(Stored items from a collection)
---+---

-- ===== src/Server/Paths.antt =====
-- The paths that `ApiHandler` of backend/app/api/server.py tells apart, method by method. A path is
-- `urlparse(self.path).path`.
use vpp_wl_mobile.Prelude.{
  ◌-◌, String, ◌≡◌, refl, Bool, not, ◌&&◌, Option, none, some, [], ◌∷◌, ◌==◌, leb, eqb,
  if◌then◌else◌, is_some, or_option, str_len, take_text, drop_text, is_empty,
}
use Prim.Native.Char.{code}
use vpp_wl_mobile.Config.Validation.{contains}
use vpp_wl_mobile.Links.Parser.{starts_with}
use vpp_wl_mobile.Settings.Values.{rstrip_slashes}

pub data GetRoute : Type 0 where
  landing health : GetRoute
  connect raw_subscription subscription_qr subscription invoice : String → GetRoute
  wallet_qr : String → String → GetRoute
  version metrics nodes config me export_me admin_nodes admin_audit missing : GetRoute

pub data DeleteRoute : Type 0 where
  delete_me missing : DeleteRoute
  disable_node : String → DeleteRoute

pub data PostRoute : Type 0 where
  checkout auth_init auth_receipt payment webhook import_vless upsert_node accepted missing :
      PostRoute
  activate : String → PostRoute

pub data PatchRoute : Type 0 where
  node_health patch_node : String → PatchRoute
  missing : PatchRoute

-- `s.endswith(suffix)`
unfoldable pub ends_with : String → String → Bool
unfolding str_len drop_text
ends_with suffix s =
    leb (str_len suffix) (str_len s) && (drop_text (str_len s - str_len suffix) s == suffix)

-- `s[len(prefix):]`, and that of a text without its last characters, as many as `suffix` has.
unfoldable pub after : String → String → String
unfolding str_len drop_text
after prefix s = drop_text (str_len prefix) s

unfoldable pub without_end : String → String → String
unfolding str_len take_text
without_end suffix s = take_text (str_len s - str_len suffix) s

-- `s.strip("/")`
unfoldable pub lstrip_slashes : String → String
lstrip_slashes String.[] = String.[]
lstrip_slashes (String.◌∷◌ c s) =
    let rest = lstrip_slashes s in if eqb (code c) 47 then rest else String.◌∷◌ c s

unfoldable pub strip_slashes : String → String
unfolding lstrip_slashes rstrip_slashes
strip_slashes s = rstrip_slashes (lstrip_slashes s)

-- `s.split(separator, 1)`, if it has two parts.
unfoldable pub split_once : String → String → Option (String × String)
unfolding starts_with after
split_once separator String.[] = none
split_once separator (String.◌∷◌ c s) =
    let later = split_once separator s in
    if starts_with separator (String.◌∷◌ c s)
    then some (String.[], after separator (String.◌∷◌ c s))
    else elim later [ none ↦ none | some (front, back) ↦ some (String.◌∷◌ c front, back) ]

-- The parts of a path below "/invoice/" that holds "/qr/": the second may be missing.
unfoldable pub wallet_parts : String → GetRoute
unfolding split_once strip_slashes
wallet_parts rest = elim (split_once "/qr/" rest) [
  | none ↦ wallet_qr (strip_slashes rest) ""
  | some (token, coin_id) ↦ wallet_qr (strip_slashes token) (strip_slashes coin_id)
]

-- The paths of `do_GET` that are compared as a whole.
unfoldable pub get_exact : String → GetRoute
get_exact path =
    if path == "/api/version"
    then version
    else if path == "/metrics"
    then metrics
    else if path == "/api/nodes"
    then nodes
    else if path == "/api/config"
    then config
    else if path == "/api/me"
    then me
    else if path == "/api/me/export"
    then export_me
    else if contains path ("/api/admin/nodes" ∷ "/admin/nodes" ∷ [])
    then admin_nodes
    else if path == "/api/admin/audit"
    then admin_audit
    else GetRoute.missing

-- `do_GET`
unfoldable pub get_route : String → GetRoute
unfolding starts_with ends_with after without_end strip_slashes split_once wallet_parts get_exact
get_route path =
    if path == "/"
    then landing
    else if path == "/health"
    then health
    else if starts_with "/connect/" path
    then connect (strip_slashes (after "/connect/" path))
    else if starts_with "/sub/" path && ends_with "/raw" path
    then raw_subscription (strip_slashes (without_end "/raw" (after "/sub/" path)))
    else if starts_with "/sub/" path && ends_with "/qr" path
    then subscription_qr (strip_slashes (without_end "/qr" (after "/sub/" path)))
    else if starts_with "/sub/" path
    then subscription (strip_slashes (after "/sub/" path))
    else if starts_with "/invoice/" path && is_some (split_once "/qr/" path)
    then wallet_parts (after "/invoice/" path)
    else if starts_with "/invoice/" path && ends_with "/qr" path
    then wallet_qr (strip_slashes (without_end "/qr" (after "/invoice/" path))) ""
    else if starts_with "/invoice/" path
    then invoice (strip_slashes (after "/invoice/" path))
    else get_exact path

-- `do_DELETE`
unfoldable pub delete_route : String → DeleteRoute
unfolding starts_with after strip_slashes
delete_route path =
    if path == "/api/me"
    then delete_me
    else if starts_with "/api/admin/nodes/" path
    then disable_node (strip_slashes (after "/api/admin/nodes/" path))
    else DeleteRoute.missing

-- `do_POST`
unfoldable pub post_route : String → PostRoute
unfolding starts_with ends_with after without_end
post_route path =
    if path == "/checkout"
    then checkout
    else if path == "/api/auth/init"
    then auth_init
    else if path == "/api/auth/receipt"
    then auth_receipt
    else if path == "/api/payments/yookassa"
    then payment
    else if path == "/api/webhook/yookassa"
    then webhook
    else if contains path ("/api/admin/nodes/import-vless" ∷ "/admin/nodes/import-vless" ∷ [])
    then import_vless
    else if contains path ("/api/admin/nodes" ∷ "/admin/nodes" ∷ [])
    then upsert_node
    else if starts_with "/admin/subscriptions/" path && ends_with "/activate" path
    then activate (after "/admin/subscriptions/" (without_end "/activate" path))
    else if contains path ("/api/webhook/apple" ∷ "/api/webhook/google" ∷ [])
    then accepted
    else PostRoute.missing

-- The identifier below one of the two prefixes, if it is not empty.
unfoldable pub patched_id : String → String → Option String
unfolding starts_with ends_with after strip_slashes is_empty
patched_id prefix path =
    let node_id = strip_slashes (after prefix path) in
    if starts_with prefix path && not (ends_with "/health" path) && not (is_empty node_id)
    then some node_id
    else none

abbrev patch_or_missing : Option String → PatchRoute
patch_or_missing none = PatchRoute.missing
patch_or_missing (some node_id) = patch_node node_id

-- `do_PATCH`
unfoldable pub patch_route : String → PatchRoute
unfolding starts_with ends_with after without_end patched_id
patch_route path =
    if starts_with "/api/admin/nodes/" path && ends_with "/health" path
    then node_health (after "/api/admin/nodes/" (without_end "/health" path))
    else patch_or_missing
        (or_option (patched_id "/api/admin/nodes/" path) (patched_id "/admin/nodes/" path))

-- A token ends at the slashes around it, and the wallet of a coin has two parts.
routes_run :
    (get_route "/sub/tok/raw" ≡ raw_subscription "tok")
    × (get_route "/invoice/tok/qr/ton" ≡ wallet_qr "tok" "ton")
    × (get_route "/invoice/qr/ton" ≡ wallet_qr "qr/ton" "")
    × (post_route "/admin/subscriptions/activate" ≡ activate "")
    × (patch_route "/admin/nodes/n1" ≡ patch_node "n1")
    × (patch_route "/admin/nodes/n1/health" ≡ PatchRoute.missing)
unfolding get_route post_route patch_route patched_id wallet_parts split_once strip_slashes
    lstrip_slashes rstrip_slashes after without_end ends_with starts_with str_len take_text
    drop_text is_empty
routes_run = (refl, refl, refl, refl, refl, refl)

---+---

• _WORK ITEM_:
Please return only the lines above, starting at the line that has "and that of" and ending at the line that has "unfoldable pub lstrip_slashes", keeping both and leaving each one unchanged.

• _SOLVED PROBLEM_:
-- `s[len(prefix):]`, and that of a text without its last characters, as many as `suffix` has.
unfoldable pub after : String → String → String
unfolding str_len drop_text
after prefix s = drop_text (str_len prefix) s

unfoldable pub without_end : String → String → String
unfolding str_len take_text
without_end suffix s = take_text (str_len s - str_len suffix) s

-- `s.strip("/")`
unfoldable pub lstrip_slashes : String → String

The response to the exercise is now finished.